_GIVEN DATA_
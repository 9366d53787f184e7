-- ===== src/Dhcp/Handle.antt =====
-- internal/provider/dhcp/proxy.go: what the proxy does with a packet.
pub mod Laws
use omni_infra_provider_bare.Base.{
  Bool, Bytes, List, Option, [], any, false, if◌then◌else◌, none, not, some, true, ℕ, ◌&&◌, ◌+◌,
  ◌==◌, ◌∷◌,
}
use omni_infra_provider_bare.Dhcp.Packet.{Firmware, Packet, is_boot_dhcp, rpi, validate_dhcp}
use omni_infra_provider_bare.Dhcp.Offer.{Response, ServerIp, offer_dhcp}

-- warnedNoRPiFirmware, the set of the hardware addresses, and how often the log was written to
pub record ProxyState : Type 0 where
  pub warned : List Bytes
  pub warnings : ℕ

abbrev pub same_bytes : Bytes → Bytes → Bool
same_bytes [] [] = true
same_bytes (x ∷ xs) (y ∷ ys) = x == y && same_bytes xs ys
same_bytes _ _ = false

-- `LoadOrStore`, and the warning unless the address was there
unfoldable pub warn_no_rpi_firmware : Bytes → ProxyState → ProxyState
warn_no_rpi_firmware hw s =
    if any (same_bytes hw) s.warned
    then s
    else record s { warned = hw ∷ s.warned; warnings = s.warnings + 1 }

abbrev pub is_rpi : Firmware → Bool
is_rpi rpi = true
is_rpi _ = false

-- handlePacket: the response that is written, if any. ServeRaspberryPi comes first.
unfoldable pub handle_packet :
    Bool → ServerIp → ℕ → Packet → ProxyState → Option Response × ProxyState
handle_packet serve ip port m s =
    if is_boot_dhcp m port
    then elim (validate_dhcp m) [
      | none ↦ (none, s)
      | some fw ↦
          if is_rpi fw && not serve
          then (none, warn_no_rpi_firmware m.hw_addr s)
          else (offer_dhcp m ip fw port, s)
    ]
    else (none, s)

-- The packets of a run, in order.
unfoldable pub handle_all :
    Bool → ServerIp → ℕ → List Packet → ProxyState → List (Option Response) × ProxyState
handle_all serve ip port [] s = ([], s)
handle_all serve ip port (m ∷ ms) s =
    let (r, s') = handle_packet serve ip port m s in
    let (rs, s'') = handle_all serve ip port ms s' in (r ∷ rs, s'')
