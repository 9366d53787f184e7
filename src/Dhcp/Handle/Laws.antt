-- ===== src/Dhcp/Handle/Laws.antt =====
-- Which packets are answered, and that a board is warned of once.
use omni_infra_provider_bare.Base.{
  All, Bool, Bool-cases, Bytes, List, Option-cases, [], any, arith, false, inl, inr, not, refl,
  some, true, ℕ, ◌&&◌, ◌↔◌, ◌∷◌, ◌≡◌, ◌≢◌, ◌⊎◌,
}
use omni_infra_provider_bare.Dhcp.Packet.{
  Firmware, Packet, ack, discover, is_boot_dhcp, offer, port_4011, request, rpi, validate_dhcp,
}
use omni_infra_provider_bare.Dhcp.Offer.{Response, ServerIp, offer_dhcp}
use omni_infra_provider_bare.Dhcp.Handle.{
  ProxyState, handle_all, handle_packet, is_rpi, same_bytes, warn_no_rpi_firmware,
}

-- A packet is answered exactly when it is a PXE boot packet for the port, its firmware is known, it is
-- not from a Raspberry Pi that is not served, and, from a served one, the provider's address is IPv4;
-- the answer is then the offer for that firmware.
pub answered_iff :
    (serve : Bool) (ip : ServerIp) (port : ℕ) (m : Packet) (s : ProxyState) (r : Response)
    → ((handle_packet serve ip port m s).0 ≡ some r) ↔ (
        (is_boot_dhcp m port ≡ true)
        × ((fw : Firmware) × (validate_dhcp m ≡ some fw)
            × ((is_rpi fw && not serve) ≡ false)
            × (offer_dhcp m ip fw port ≡ some r)))
unfolding handle_packet
answered_iff serve ip port m s r = ground arith

-- The reply fits the request: an answered packet is a request that gets an acknowledgment on port 4011,
-- and a discovery that gets an offer on any other.
pub reply_fits :
    (serve : Bool) (ip : ServerIp) (port : ℕ) (m : Packet) (s : ProxyState) (r : Response)
    → (handle_packet serve ip port m s).0 ≡ some r
    → ((port ≡ port_4011) × (m.message_type ≡ request) × (r.message_type ≡ ack))
      ⊎ ((port ≢ port_4011) × (m.message_type ≡ discover) × (r.message_type ≡ offer))
unfolding handle_packet is_boot_dhcp offer_dhcp
reply_fits serve ip port m s r h = ground arith

same_bytes_self : (b : Bytes) → same_bytes b b ≡ true
same_bytes_self [] = refl
same_bytes_self (x ∷ xs) = ground (arith, same_bytes_self xs)

-- A packet that makes no new warning.
abbrev IsQuiet : Bool → ℕ → ProxyState → Packet → Type 0
IsQuiet serve port s m =
    is_boot_dhcp m port ≡ true
    → validate_dhcp m ≡ some rpi
    → serve ≡ false
    → any (same_bytes m.hw_addr) s.warned ≡ true

module _ (serve : Bool) (ip : ServerIp) (port : ℕ) where
  handle_packet-IsQuiet :
      (m : Packet) (s : ProxyState) → IsQuiet serve port (handle_packet serve ip port m s).1 m
  unfolding handle_packet warn_no_rpi_firmware
  handle_packet-IsQuiet m s a b c = ground (arith, same_bytes_self m.hw_addr)

  warned_stays :
      (hw : Bytes) (m : Packet) (s : ProxyState)
      → any (same_bytes hw) s.warned ≡ true
      → any (same_bytes hw) (handle_packet serve ip port m s).1.warned ≡ true
  unfolding handle_packet warn_no_rpi_firmware
  warned_stays hw m s h = ground arith

  warned_stays_all :
      (hw : Bytes) (ms : List Packet) (s : ProxyState)
      → any (same_bytes hw) s.warned ≡ true
      → any (same_bytes hw) (handle_all serve ip port ms s).1.warned ≡ true
  unfolding handle_all
  warned_stays_all hw [] s h = h
  warned_stays_all hw (m ∷ ms) s h =
      warned_stays_all hw ms (handle_packet serve ip port m s).1 (warned_stays hw m s h)

  no_new_warning :
      (m : Packet) (s : ProxyState)
      → is_boot_dhcp m port ≡ true
      → serve ≡ false
      → (fw : Firmware) → validate_dhcp m ≡ some fw
      → IsQuiet serve port s m
      → (handle_packet serve ip port m s).1 ≡ s
  unfolding handle_packet warn_no_rpi_firmware
  no_new_warning m s a b rpi c q = let e = q a c b in ground arith
  no_new_warning m s a b _ c q = ground arith

  unwarned_unchanged :
      (m : Packet) (s : ProxyState)
      → IsQuiet serve port s m
      → (handle_packet serve ip port m s).1 ≡ s
  unfolding handle_packet warn_no_rpi_firmware
  unwarned_unchanged m s q = elim (Bool-cases (is_boot_dhcp m port)) [
    | inl a ↦ elim (Bool-cases serve) [
      | inl b ↦ ground arith
      | inr b ↦ elim (Option-cases (validate_dhcp m)) [
        | inl c ↦ ground arith
        | inr (fw, c) ↦ no_new_warning m s a b fw c q
      ]
    ]
    | inr a ↦ ground arith
  ]

  handle_all-IsQuiet :
      (ms : List Packet) (s : ProxyState)
      → All (IsQuiet serve port (handle_all serve ip port ms s).1) ms
  unfolding handle_all
  handle_all-IsQuiet [] s = tt
  handle_all-IsQuiet (m ∷ ms) s = (
    λ a b c.
        warned_stays_all m.hw_addr ms (handle_packet serve ip port m s).1
          (handle_packet-IsQuiet m s a b c),
    handle_all-IsQuiet ms (handle_packet serve ip port m s).1,
  )

  handle_all_unchanged :
      (ms : List Packet) (s : ProxyState)
      → All (IsQuiet serve port s) ms
      → (handle_all serve ip port ms s).1 ≡ s
  unfolding handle_all
  handle_all_unchanged [] s h = refl
  handle_all_unchanged (m ∷ ms) s (q, h) =
      let e = unwarned_unchanged m s q in rw e (handle_all_unchanged ms s h)

-- A board is warned of once: packets that have been handled already, in any number of boards, add no
-- warning when they come again.
pub warned_once :
    (serve : Bool) (ip : ServerIp) (port : ℕ) (ms : List Packet) (s : ProxyState)
    → let s' = (handle_all serve ip port ms s).1 in (handle_all serve ip port ms s').1 ≡ s'
warned_once serve ip port ms s =
    handle_all_unchanged serve ip port ms (handle_all serve ip port ms s).1
      (handle_all-IsQuiet serve ip port ms s)
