-- ===== src/Dhcp/Interface.antt =====
-- determineInterface of internal/provider/dhcp/proxy.go: the interface that the proxy listens on. The
-- network is a parameter.
use omni_infra_provider_bare.Base.{
  Bool, Bool-cases, Bytes, List, Option, String, [], any, arith, false, if◌then◌else◌, inl, inr,
  none, refl, some, str_eq, true, ◌||◌, ◌∷◌, ◌≡◌, ◌⊎◌,
}
use omni_infra_provider_bare.Effects.{Result, err, ok}

-- An interface with its addresses, of which those that have no IP are `none`; an error of listing them is
-- only logged, and leaves what was listed.
pub record NetInterface : Type 0 where
  pub name : String
  pub addresses : List (Option Bytes)

-- net.Interfaces, net.ParseIP and Equal of two IPs.
pub record Network : Type 0 where
  pub interfaces : Result String (List NetInterface)
  pub parse_ip : String → Option Bytes
  pub equal_ip : Bytes → Bytes → Bool

pub data InterfaceError : Type 0 where
  no_interfaces no_interface_for : String → InterfaceError

module _ (net : Network) (iface_or_ip : String) where
  -- The inner loop.
  unfoldable pub has_address : Bytes → List (Option Bytes) → Bool
  has_address target [] = false
  has_address target (none ∷ rest) = has_address target rest
  has_address target (some ip ∷ rest) = net.equal_ip ip target || has_address target rest

  abbrev is_at : Option Bytes → List (Option Bytes) → Bool
  is_at none addresses = false
  is_at (some target) addresses = has_address target addresses

  unfoldable pub find_interface : List NetInterface → Result InterfaceError String
  unfolding has_address
  find_interface [] = err (no_interface_for iface_or_ip)
  find_interface (i ∷ rest) =
      let later = find_interface rest in
      if str_eq i.name iface_or_ip
      then ok i.name
      else if is_at (net.parse_ip iface_or_ip) i.addresses
      then ok i.name
      else later

  unfoldable pub determine_interface : Result InterfaceError String
  unfolding find_interface
  determine_interface = elim net.interfaces [
    | err text ↦ err (no_interfaces text)
    | ok list ↦ find_interface list
  ]

  -- The interface is the one that is named, or has the address.
  abbrev pub is_meant : NetInterface → Bool
  is_meant i = str_eq i.name iface_or_ip || is_at (net.parse_ip iface_or_ip) i.addresses

  -- The first interface that is meant is found, and none is found only if none is meant.
  pub find_interface-is_meant :
      (list : List NetInterface)
      → ((i : NetInterface) × (find_interface list ≡ ok i.name) × (is_meant i ≡ true))
        ⊎ ((find_interface list ≡ err (no_interface_for iface_or_ip)) × (any is_meant list ≡ false))
  unfolding find_interface
  find_interface-is_meant [] = inr (refl, refl)
  find_interface-is_meant (i ∷ rest) = elim (Bool-cases (is_meant i)) [
    | inl meant ↦ inl (i, ground (arith, meant), meant)
    | inr other ↦ elim (find_interface-is_meant rest) [
      | inl (j, found, meant) ↦ inl (j, ground (arith, other, found), meant)
      | inr (nowhere, none_meant) ↦
          inr (ground (arith, other, nowhere), ground (arith, other, none_meant))
    ]
  ]
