-- ===== src/Dhcp/Listen.antt =====
-- Run and runServer of internal/provider/dhcp/proxy.go: the ports that the proxy listens on, and how it
-- ends. The sockets and the DHCP library's server are parameters.
pub mod Laws
use omni_infra_provider_bare.Base.{
  Bool, List, Option, String, [], if◌then◌else◌, map, none, not, some, ℕ, ◌++◌, ◌∷◌,
}
use omni_infra_provider_bare.Effects.{Result, err, ok}
use omni_infra_provider_bare.Dhcp.Packet.{port_4011}
use omni_infra_provider_bare.Dhcp.Interface.{InterfaceError}

-- const Port67
abbrev pub port_67 : ℕ
port_67 = 67

unfoldable pub ports : (disable_broadcast_listener : Bool) → List ℕ
ports disable_broadcast_listener =
    (if not disable_broadcast_listener then port_67 ∷ [] else []) ++ (port_4011 ∷ [])

-- How server.Serve ends: without an error, as its socket is closed, or with another error.
pub data Served : Type 0 where
  served closed : Served
  not_served : String → Served

pub data ListenError : Type 0 where
  no_interface : InterfaceError → ListenError
  not_created not_run : ℕ → String → ListenError
  not_closed : String → ListenError

-- The making of the server, its end, and its Close, which runs when the context is canceled.
pub record Sockets : Type 0 where
  pub new_server : String → ℕ → Option String
  pub serve : ℕ → Served
  pub close : ℕ → Option String

abbrev pub serve_error : ℕ → Served → Option ListenError
serve_error port served = none
serve_error port closed = none
serve_error port (not_served text) = some (not_run port text)

abbrev close_error : Option String → Option ListenError
close_error none = none
close_error (some text) = some (not_closed text)

module _ (sockets : Sockets) where
  -- The errors of the two goroutines of runServer, of which `wait` picks the one that came first.
  unfoldable pub run_server :
      (wait : Option ListenError → Option ListenError → Option ListenError)
      → String
      → ℕ
      → Option ListenError
  run_server wait iface port = elim (sockets.new_server iface port) [
    | some text ↦ some (not_created port text)
    | none ↦ wait (serve_error port (sockets.serve port)) (close_error (sockets.close port))
  ]

  -- The listeners that Run starts, each with its error, or Run's own error.
  unfoldable pub run_proxy :
      (wait : Option ListenError → Option ListenError → Option ListenError)
      → Result InterfaceError String
      → Bool
      → Result ListenError (List (ℕ × Option ListenError))
  unfolding run_server ports
  run_proxy wait (err e) off = err (no_interface e)
  run_proxy wait (ok iface) off = ok (map (λ port. (port, run_server wait iface port)) (ports off))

_EXERCISE PROMPT_
Given the records above, reproduce precisely and only the lines between the line holding "has_address target [] = false" and the line holding "is_at none addresses = false", inclusive.

_SOLUTION FOR THIS PROBLEM_
  has_address target [] = false
  has_address target (none ∷ rest) = has_address target rest
  has_address target (some ip ∷ rest) = net.equal_ip ip target || has_address target rest

  abbrev is_at : Option Bytes → List (Option Bytes) → Bool
  is_at none addresses = false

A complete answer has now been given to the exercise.